GG: I always start by finding chords on piano, then I think about the instruments that will be there. Tempo and key are also important, and must be taken into account for certain instruments. I then record demos that gradually turn into songs.
The Cool Feedback could be compared to certain types of jazz music. Does improvisation play a big role in this?
GG: Yes, the fact of improvising is what brings the group closest to jazz. And to do that you need musical support, which is provided by feedback from the guitars and enhanced by the drums.
JBL: Yes, of course, improvisation plays a big part, it has its place, it contributes to the construction of the tracks.
It’s a music that we’re trying to build and that’s influenced by so much other musical forms, the members of the group know a lot of things, that’s why they manage to find themes, colours and improvise together and that’s what makes it a whole.
PM: Improvisation is fundamental to this project. It’s essential and it offers a great deal of freedom that you find in free jazz, but with a more classical aesthetic in the solos.
How does this work out on stage?
GG: The music is written down and allows the soloists to improvise, but each of them makes it evolve as they see it. I indicate the changes of theme, I act a bit as conductor and with Jean-Bernard we mainly wave to each other and all the musicians listen to what the others are doing, and we have to know how to stop at the right moment together!

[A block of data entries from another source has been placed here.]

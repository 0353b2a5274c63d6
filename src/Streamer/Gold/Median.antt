-- ===== src/Streamer/Gold/Median.antt =====
-- What gold.rs computes of a list: the middle, the steps between its values, and known distances.
use fps_anticheat_data_platf.Prelude.{
  ℕ, zero, suc, ◌+◌, ◌-◌, ◌/◌, ◌%◌, ◌==◌, ◌<◌, ◌≡◌, ◌⊎◌, inl, inr, refl, sym, ap, ◌∙◌, false,
  Option, none, some, List, [], ◌∷◌, ◌++◌, length, length-append, get_elem?, keep, if◌then◌else◌,
  arith, Bool-cases, Option-cases,
}
use fps_anticheat_data_platf.Prelude.Float.{Float, is_finite, nought, le, Arithmetic}
use fps_anticheat_data_platf.Streamer.Gold.{
  KillRecord, filter_map, finite_distance, distance_of_four, distances_of, median_of, mean_of,
  intervals_from, intervals_of,
}

-- the value at a position, with what stands before and behind it
record IsSplit (xs : List Float) (i : ℕ) : Type 0 where
  low : List Float
  value : Float
  high : List Float
  splits : xs ≡ low ++ value ∷ high
  position : length low ≡ i
  found : get_elem? xs i ≡ some value

IsSplit-at : (xs : List Float) (i : ℕ) → i < length xs → IsSplit xs i
IsSplit-at [] i h = absurd (omega (arith, h))
IsSplit-at (x ∷ xs) zero h = record {
  low = [];
  value = x;
  high = xs;
  splits = refl;
  position = refl;
  found = refl;
}
IsSplit-at (x ∷ xs) (suc i) h =
    let s = IsSplit-at xs i (omega (arith, h)) in
    record {
      low = x ∷ s.low;
      value = s.value;
      high = s.high;
      splits = ap (λ l. x ∷ l) s.splits;
      position = ap suc s.position;
      found = s.found;
    }

-- one value has as many before it as behind it, or two that stand together do
abbrev pub HasMiddle : List Float → Float → Type 0
HasMiddle xs v =
    (low : List Float) × (high : List Float) × (xs ≡ low ++ v ∷ high) × (length low ≡ length high)

abbrev pub HasMiddles : List Float → Float → Float → Type 0
HasMiddles xs a b =
    (low : List Float) × (high : List Float) × (xs ≡ low ++ a ∷ b ∷ high)
    × (length low ≡ length high)

-- the middle value, the mean of the two middle values, or none of no values
abbrev pub IsMedian : Arithmetic → List Float → Option Float → Type 0
IsMedian f xs none = xs ≡ []
IsMedian f xs (some m) =
    HasMiddle xs m
    ⊎ ((a : Float) × (b : Float) × HasMiddles xs a b × (m ≡ f.div (f.add a b) (f.literal 2 0)))

length-split :
    (xs low high : List Float) (v : Float)
    → xs ≡ low ++ v ∷ high
    → length xs ≡ length low + suc (length high)
length-split xs low high v h = ap length h ∙ length-append low (v ∷ high)

behind :
    (low high : List Float) (v : Float)
    → get_elem? (low ++ v ∷ high) (suc (length low)) ≡ get_elem? high 0
behind [] high v = refl
behind (x ∷ low) high v = behind low high v

next_of :
    (xs low high : List Float) (v b : Float)
    → xs ≡ low ++ v ∷ b ∷ high
    → get_elem? xs (suc (length low)) ≡ some b
next_of xs low high v b h = rw h (behind low (b ∷ high) v)

even-IsMedian :
    (f : Arithmetic) (xs : List Float) (mid : ℕ) (s : IsSplit xs (mid - 1)) (high : List Float)
    → s.high ≡ high
    → 0 < mid
    → length xs ≡ mid + mid
    → IsMedian f xs (mean_of f (get_elem? xs (mid - 1)) (get_elem? xs mid))
even-IsMedian f xs mid s [] e some_mid n = absurd (
    omega
      (arith, length-split xs s.low s.high s.value s.splits, ap length e, s.position, some_mid, n))
even-IsMedian f xs mid s (b ∷ high) e some_mid n =
    let splits : xs ≡ s.low ++ s.value ∷ b ∷ high = rw e at s.splits in
    let here : suc (length s.low) ≡ mid = omega (arith, s.position, some_mid) in
    let second : get_elem? xs mid ≡ some b =
      ap (get_elem? xs) (sym here) ∙ next_of xs s.low high s.value b splits in
    rw (s.found, second)
      (inr (
        s.value,
        b,
        (
          s.low,
          high,
          splits,
          omega (arith, length-split xs s.low (b ∷ high) s.value splits, s.position, some_mid, n),
        ),
        refl,
      ))

pub median_of-IsMedian : (f : Arithmetic) (xs : List Float) → IsMedian f xs (median_of f xs)
unfolding median_of
median_of-IsMedian f [] = refl
median_of-IsMedian f (x ∷ xs) =
    let all = x ∷ xs in
    let n = length all in
    elim (Bool-cases (n % 2 == 0)) [
      | inl e ↦
          let even : n ≡ n / 2 + n / 2 = ground (arith, e) in
          let some_mid : 0 < n / 2 = omega (arith, even) in
          let s = IsSplit-at all (n / 2 - 1) (omega (arith, even)) in
          rw (nonempty n (omega arith), e) (even-IsMedian f all (n / 2) s s.high refl some_mid even)
      | inr e ↦
          let odd : n ≡ n / 2 + suc (n / 2) = ground (arith, e) in
          let s = IsSplit-at all (n / 2) (omega (arith, odd)) in
          rw (nonempty n (omega arith), e, s.found)
            (inl (
              s.low,
              s.high,
              s.splits,
              omega (arith, length-split all s.low s.high s.value s.splits, s.position, odd),
            ))
    ]
  where
    nonempty : (n : ℕ) → 0 < n → (n == 0) ≡ false
    nonempty n h = ground (arith, h)

-- from each value to the next one
abbrev pub steps : Arithmetic → List Float → List Float
steps f [] = []
steps f (x ∷ []) = []
steps f (x ∷ y ∷ rest) = f.sub y x ∷ steps f (y ∷ rest)

-- The intervals are the steps that are not negative.
pub intervals_of-steps :
    (f : Arithmetic) (xs : List Float) → intervals_of f xs ≡ keep (λ d. le nought d) (steps f xs)
unfolding intervals_of intervals_from
intervals_of-steps f [] = refl
intervals_of-steps f (x ∷ xs) = from x xs
  where
    from :
        (x : Float) (xs : List Float)
        → intervals_from f x xs ≡ keep (λ d. le nought d) (steps f (x ∷ xs))
    from x [] = refl
    from x (y ∷ rest) = rw (from y rest) refl

-- the distance between killer and victim, where all four coordinates are known
abbrev pub distance_between :
    Arithmetic → Option Float → Option Float → Option Float → Option Float → Option Float
distance_between f (some kx) (some ky) (some vx) (some vy) =
    some (f.sqrt (f.add (f.powi (f.sub kx vx) 2) (f.powi (f.sub ky vy) 2)))
distance_between f _ _ _ _ = none

abbrev pub distance : Arithmetic → KillRecord → Option Float
distance f r = distance_between f r.killer_pos_x r.killer_pos_y r.victim_pos_x r.victim_pos_y

abbrev finite_only : Option Float → Option Float
finite_only none = none
finite_only (some d) = if is_finite d then some d else none

four-between :
    (f : Arithmetic) (a b c d : Option Float)
    → distance_of_four f a b c d ≡ finite_only (distance_between f a b c d)
unfolding finite_distance
four-between f none b c d = refl
four-between f (some a) none c d = refl
four-between f (some a) (some b) none d = refl
four-between f (some a) (some b) (some c) none = refl
four-between f (some a) (some b) (some c) (some d) = refl

filter_map-finite :
    (g h : KillRecord → Option Float)
    → ((r : KillRecord) → g r ≡ finite_only (h r))
    → (records : List KillRecord) → filter_map g records ≡ keep is_finite (filter_map h records)
unfolding filter_map
filter_map-finite g h same [] = refl
filter_map-finite g h same (r ∷ rest) = elim (Option-cases (h r)) [
  | inl e ↦ rw (filter_map, same r, e) (filter_map-finite g h same rest)
  | inr (d, e) ↦ elim (Bool-cases (is_finite d)) [
    | inl k ↦ rw (filter_map, same r, e, k) (ap (λ l. d ∷ l) (filter_map-finite g h same rest))
    | inr k ↦ rw (filter_map, same r, e, k) (filter_map-finite g h same rest)
  ]
]

-- The distances are those that are known and finite.
pub distances_of-known :
    (f : Arithmetic) (records : List KillRecord)
    → distances_of f records ≡ keep is_finite (filter_map (distance f) records)
unfolding distances_of
distances_of-known f =
    filter_map-finite _ (distance f)
      λ r. four-between f r.killer_pos_x r.killer_pos_y r.victim_pos_x r.victim_pos_y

PM: For me it was a great pleasure to play on stage with the group. The total openness allows you to explore infinite possibilities of improvisation.
JBL: On stage it’s all about listening, it’s all about magic. There’s no recipe for it, that’s why I use the word magic, the band’s sound really takes shape, there’s really a sound that’s there, and it plays, and it plays, and it plays!
It’s amazing to get together with people like Jean-Bernard who’s a magnificent drummer. Everyone is tuned in to what’s going on.
What are your plans for the future?
JBL: To find a tour manager and a circuit to do more concerts.
GG: Yes, that’s what we miss the most. Making records is great but live shows are irreplaceable and we miss them.
How can we buy your records?
GG: Through our distributor Kuroneko
And our label Milano Records
The last word!
GG: Feedback has no end, it’s a living immaterial material that you can nevertheless shape to your heart’s content.